» **EXERCISE PROMPT**:
Produce as output only the lines below starting at the line with "pick tlb s l" and continuing through the line with "va ≡ some large", each one exactly as written.

» **DATASET**:
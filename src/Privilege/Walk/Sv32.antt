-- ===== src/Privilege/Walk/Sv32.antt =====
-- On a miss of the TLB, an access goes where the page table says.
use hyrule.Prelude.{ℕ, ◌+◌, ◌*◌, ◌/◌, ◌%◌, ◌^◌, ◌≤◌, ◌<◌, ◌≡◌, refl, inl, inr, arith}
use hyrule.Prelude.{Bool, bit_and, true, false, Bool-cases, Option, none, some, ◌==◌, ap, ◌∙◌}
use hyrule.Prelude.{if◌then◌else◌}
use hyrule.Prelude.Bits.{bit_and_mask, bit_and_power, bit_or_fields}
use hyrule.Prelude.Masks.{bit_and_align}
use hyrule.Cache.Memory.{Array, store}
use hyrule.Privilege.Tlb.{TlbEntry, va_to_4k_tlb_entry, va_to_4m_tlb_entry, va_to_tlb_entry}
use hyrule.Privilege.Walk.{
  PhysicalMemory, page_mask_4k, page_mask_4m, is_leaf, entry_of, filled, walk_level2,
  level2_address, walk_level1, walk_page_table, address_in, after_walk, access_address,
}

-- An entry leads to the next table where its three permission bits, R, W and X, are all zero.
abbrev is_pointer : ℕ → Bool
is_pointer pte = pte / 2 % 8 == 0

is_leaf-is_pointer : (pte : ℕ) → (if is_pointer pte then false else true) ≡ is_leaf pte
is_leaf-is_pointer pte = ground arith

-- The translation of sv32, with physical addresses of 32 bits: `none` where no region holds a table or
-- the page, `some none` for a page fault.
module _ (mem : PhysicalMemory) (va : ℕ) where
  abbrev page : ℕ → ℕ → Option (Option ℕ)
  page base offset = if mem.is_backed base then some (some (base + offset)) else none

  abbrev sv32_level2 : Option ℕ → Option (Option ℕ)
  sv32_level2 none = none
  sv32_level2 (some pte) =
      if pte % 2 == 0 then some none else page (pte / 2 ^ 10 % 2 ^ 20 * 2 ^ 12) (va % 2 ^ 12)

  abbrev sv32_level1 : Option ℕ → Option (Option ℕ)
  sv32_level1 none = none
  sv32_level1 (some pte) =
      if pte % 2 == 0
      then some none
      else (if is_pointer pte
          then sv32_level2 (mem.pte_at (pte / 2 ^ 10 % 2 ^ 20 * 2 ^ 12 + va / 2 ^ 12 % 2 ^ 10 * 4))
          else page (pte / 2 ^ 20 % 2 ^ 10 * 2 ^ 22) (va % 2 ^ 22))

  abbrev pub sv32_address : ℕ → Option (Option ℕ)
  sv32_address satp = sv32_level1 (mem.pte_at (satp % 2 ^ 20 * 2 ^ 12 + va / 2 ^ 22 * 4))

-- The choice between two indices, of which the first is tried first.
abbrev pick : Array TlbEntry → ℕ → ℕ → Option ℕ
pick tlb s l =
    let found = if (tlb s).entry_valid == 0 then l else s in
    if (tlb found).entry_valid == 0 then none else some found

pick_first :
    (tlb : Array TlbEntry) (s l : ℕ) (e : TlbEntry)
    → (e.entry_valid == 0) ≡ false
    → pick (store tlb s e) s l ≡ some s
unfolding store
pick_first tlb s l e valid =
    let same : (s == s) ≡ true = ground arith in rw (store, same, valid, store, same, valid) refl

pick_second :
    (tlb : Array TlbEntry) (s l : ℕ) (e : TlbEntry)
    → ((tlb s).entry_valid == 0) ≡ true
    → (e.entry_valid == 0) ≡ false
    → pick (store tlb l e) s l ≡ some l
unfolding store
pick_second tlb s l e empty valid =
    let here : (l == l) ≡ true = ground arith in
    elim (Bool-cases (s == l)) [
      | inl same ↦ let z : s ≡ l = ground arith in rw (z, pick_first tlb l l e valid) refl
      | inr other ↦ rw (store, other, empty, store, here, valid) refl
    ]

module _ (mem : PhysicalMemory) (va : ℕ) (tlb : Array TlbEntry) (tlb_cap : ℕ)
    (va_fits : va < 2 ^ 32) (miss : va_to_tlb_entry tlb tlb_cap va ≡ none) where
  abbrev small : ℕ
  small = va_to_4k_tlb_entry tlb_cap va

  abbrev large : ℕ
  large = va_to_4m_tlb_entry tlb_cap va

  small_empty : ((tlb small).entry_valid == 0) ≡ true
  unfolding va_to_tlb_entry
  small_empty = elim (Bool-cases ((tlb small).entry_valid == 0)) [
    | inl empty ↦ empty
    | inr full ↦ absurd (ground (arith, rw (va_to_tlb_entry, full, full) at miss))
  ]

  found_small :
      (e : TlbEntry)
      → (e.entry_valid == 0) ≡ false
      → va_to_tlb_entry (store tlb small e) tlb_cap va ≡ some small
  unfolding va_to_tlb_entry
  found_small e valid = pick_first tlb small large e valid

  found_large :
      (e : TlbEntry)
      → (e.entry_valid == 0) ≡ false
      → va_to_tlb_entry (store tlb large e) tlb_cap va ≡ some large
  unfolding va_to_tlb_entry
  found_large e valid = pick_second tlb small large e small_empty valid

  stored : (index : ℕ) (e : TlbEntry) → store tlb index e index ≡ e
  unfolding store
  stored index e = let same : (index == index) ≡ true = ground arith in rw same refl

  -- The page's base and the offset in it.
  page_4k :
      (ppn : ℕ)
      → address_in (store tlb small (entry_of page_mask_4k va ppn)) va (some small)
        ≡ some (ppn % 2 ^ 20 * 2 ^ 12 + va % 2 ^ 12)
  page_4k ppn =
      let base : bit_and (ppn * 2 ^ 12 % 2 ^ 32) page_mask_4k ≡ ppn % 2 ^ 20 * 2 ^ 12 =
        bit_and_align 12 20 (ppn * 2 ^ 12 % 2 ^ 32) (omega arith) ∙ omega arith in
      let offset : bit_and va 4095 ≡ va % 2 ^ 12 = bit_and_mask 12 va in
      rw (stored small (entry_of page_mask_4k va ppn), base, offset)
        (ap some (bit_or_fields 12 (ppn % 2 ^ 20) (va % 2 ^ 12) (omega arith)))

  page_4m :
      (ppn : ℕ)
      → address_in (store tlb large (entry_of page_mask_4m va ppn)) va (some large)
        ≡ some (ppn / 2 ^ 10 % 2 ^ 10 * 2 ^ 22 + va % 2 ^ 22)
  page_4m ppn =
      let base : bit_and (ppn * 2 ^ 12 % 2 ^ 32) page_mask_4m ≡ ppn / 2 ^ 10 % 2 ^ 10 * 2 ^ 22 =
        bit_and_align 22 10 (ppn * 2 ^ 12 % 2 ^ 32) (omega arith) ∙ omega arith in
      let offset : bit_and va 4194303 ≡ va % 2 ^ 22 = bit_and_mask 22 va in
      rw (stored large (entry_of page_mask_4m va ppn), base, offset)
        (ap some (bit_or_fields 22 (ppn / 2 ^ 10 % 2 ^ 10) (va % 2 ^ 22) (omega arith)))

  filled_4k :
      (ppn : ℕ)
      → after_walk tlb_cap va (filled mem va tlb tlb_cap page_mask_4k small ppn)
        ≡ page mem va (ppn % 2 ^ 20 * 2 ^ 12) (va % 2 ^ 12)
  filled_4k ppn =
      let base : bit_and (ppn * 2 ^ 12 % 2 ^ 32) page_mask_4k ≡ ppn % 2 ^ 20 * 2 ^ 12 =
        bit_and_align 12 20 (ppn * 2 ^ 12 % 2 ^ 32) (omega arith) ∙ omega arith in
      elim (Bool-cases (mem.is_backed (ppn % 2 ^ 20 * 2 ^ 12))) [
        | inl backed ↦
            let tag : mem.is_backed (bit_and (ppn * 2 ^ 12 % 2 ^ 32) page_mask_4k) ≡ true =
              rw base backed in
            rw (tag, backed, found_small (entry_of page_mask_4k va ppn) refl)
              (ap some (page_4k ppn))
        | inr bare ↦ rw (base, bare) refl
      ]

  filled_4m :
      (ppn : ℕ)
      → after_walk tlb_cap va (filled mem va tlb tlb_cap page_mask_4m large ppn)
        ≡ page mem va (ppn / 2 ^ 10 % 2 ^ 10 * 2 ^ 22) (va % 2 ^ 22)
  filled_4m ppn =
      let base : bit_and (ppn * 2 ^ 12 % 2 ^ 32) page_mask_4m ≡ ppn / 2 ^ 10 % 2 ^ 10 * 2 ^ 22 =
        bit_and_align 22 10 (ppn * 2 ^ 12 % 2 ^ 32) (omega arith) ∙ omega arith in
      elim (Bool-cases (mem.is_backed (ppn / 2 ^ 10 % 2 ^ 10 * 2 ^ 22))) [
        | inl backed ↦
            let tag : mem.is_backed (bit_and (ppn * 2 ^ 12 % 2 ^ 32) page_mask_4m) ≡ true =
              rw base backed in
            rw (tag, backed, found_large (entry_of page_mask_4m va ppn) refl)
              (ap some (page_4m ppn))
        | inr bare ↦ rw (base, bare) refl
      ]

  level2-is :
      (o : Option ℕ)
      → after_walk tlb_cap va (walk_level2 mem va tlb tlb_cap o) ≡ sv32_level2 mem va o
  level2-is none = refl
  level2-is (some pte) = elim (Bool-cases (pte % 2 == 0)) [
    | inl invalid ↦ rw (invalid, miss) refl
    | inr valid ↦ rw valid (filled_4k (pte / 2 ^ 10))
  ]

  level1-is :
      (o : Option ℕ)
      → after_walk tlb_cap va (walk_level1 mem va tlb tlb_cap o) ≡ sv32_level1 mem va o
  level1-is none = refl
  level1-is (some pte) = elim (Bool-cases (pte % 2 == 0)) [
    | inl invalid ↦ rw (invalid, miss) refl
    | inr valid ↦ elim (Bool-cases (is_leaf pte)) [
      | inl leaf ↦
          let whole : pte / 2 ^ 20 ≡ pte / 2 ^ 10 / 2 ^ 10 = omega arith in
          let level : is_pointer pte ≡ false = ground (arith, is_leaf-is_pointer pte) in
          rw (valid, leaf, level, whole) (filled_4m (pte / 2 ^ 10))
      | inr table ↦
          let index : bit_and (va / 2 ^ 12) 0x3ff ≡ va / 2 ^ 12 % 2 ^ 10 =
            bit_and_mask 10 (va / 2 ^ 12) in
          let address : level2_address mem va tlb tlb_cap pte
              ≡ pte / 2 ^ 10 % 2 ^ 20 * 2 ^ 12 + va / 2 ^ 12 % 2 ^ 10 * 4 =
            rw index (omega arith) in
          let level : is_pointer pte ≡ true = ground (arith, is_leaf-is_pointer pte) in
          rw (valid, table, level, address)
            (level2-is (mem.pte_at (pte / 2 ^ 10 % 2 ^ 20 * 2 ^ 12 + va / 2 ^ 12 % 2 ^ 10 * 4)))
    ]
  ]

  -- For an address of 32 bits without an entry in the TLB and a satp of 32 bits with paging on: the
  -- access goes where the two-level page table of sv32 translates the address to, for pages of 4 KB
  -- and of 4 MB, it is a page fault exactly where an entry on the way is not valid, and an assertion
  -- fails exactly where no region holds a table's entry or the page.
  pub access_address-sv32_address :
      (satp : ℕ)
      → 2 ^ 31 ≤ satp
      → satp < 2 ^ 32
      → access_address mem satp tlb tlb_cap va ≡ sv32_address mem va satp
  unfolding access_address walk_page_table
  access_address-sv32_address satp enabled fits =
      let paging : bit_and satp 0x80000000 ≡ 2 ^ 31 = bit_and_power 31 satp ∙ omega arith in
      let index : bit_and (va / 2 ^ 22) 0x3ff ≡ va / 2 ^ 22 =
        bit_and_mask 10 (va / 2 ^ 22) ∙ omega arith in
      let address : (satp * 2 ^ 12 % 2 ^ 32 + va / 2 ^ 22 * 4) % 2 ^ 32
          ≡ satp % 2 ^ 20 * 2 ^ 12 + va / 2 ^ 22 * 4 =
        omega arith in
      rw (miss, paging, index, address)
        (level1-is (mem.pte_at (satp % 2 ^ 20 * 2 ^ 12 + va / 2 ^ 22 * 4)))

» **RESULT FOR THIS TASK**:
pick tlb s l =
    let found = if (tlb s).entry_valid == 0 then l else s in
    if (tlb found).entry_valid == 0 then none else some found

pick_first :
    (tlb : Array TlbEntry) (s l : ℕ) (e : TlbEntry)
    → (e.entry_valid == 0) ≡ false
    → pick (store tlb s e) s l ≡ some s
unfolding store
pick_first tlb s l e valid =
    let same : (s == s) ≡ true = ground arith in rw (store, same, valid, store, same, valid) refl

pick_second :
    (tlb : Array TlbEntry) (s l : ℕ) (e : TlbEntry)
    → ((tlb s).entry_valid == 0) ≡ true
    → (e.entry_valid == 0) ≡ false
    → pick (store tlb l e) s l ≡ some l
unfolding store
pick_second tlb s l e empty valid =
    let here : (l == l) ≡ true = ground arith in
    elim (Bool-cases (s == l)) [
      | inl same ↦ let z : s ≡ l = ground arith in rw (z, pick_first tlb l l e valid) refl
      | inr other ↦ rw (store, other, empty, store, here, valid) refl
    ]

module _ (mem : PhysicalMemory) (va : ℕ) (tlb : Array TlbEntry) (tlb_cap : ℕ)
    (va_fits : va < 2 ^ 32) (miss : va_to_tlb_entry tlb tlb_cap va ≡ none) where
  abbrev small : ℕ
  small = va_to_4k_tlb_entry tlb_cap va

  abbrev large : ℕ
  large = va_to_4m_tlb_entry tlb_cap va

  small_empty : ((tlb small).entry_valid == 0) ≡ true
  unfolding va_to_tlb_entry
  small_empty = elim (Bool-cases ((tlb small).entry_valid == 0)) [
    | inl empty ↦ empty
    | inr full ↦ absurd (ground (arith, rw (va_to_tlb_entry, full, full) at miss))
  ]

  found_small :
      (e : TlbEntry)
      → (e.entry_valid == 0) ≡ false
      → va_to_tlb_entry (store tlb small e) tlb_cap va ≡ some small
  unfolding va_to_tlb_entry
  found_small e valid = pick_first tlb small large e valid

  found_large :
      (e : TlbEntry)
      → (e.entry_valid == 0) ≡ false
      → va_to_tlb_entry (store tlb large e) tlb_cap va ≡ some large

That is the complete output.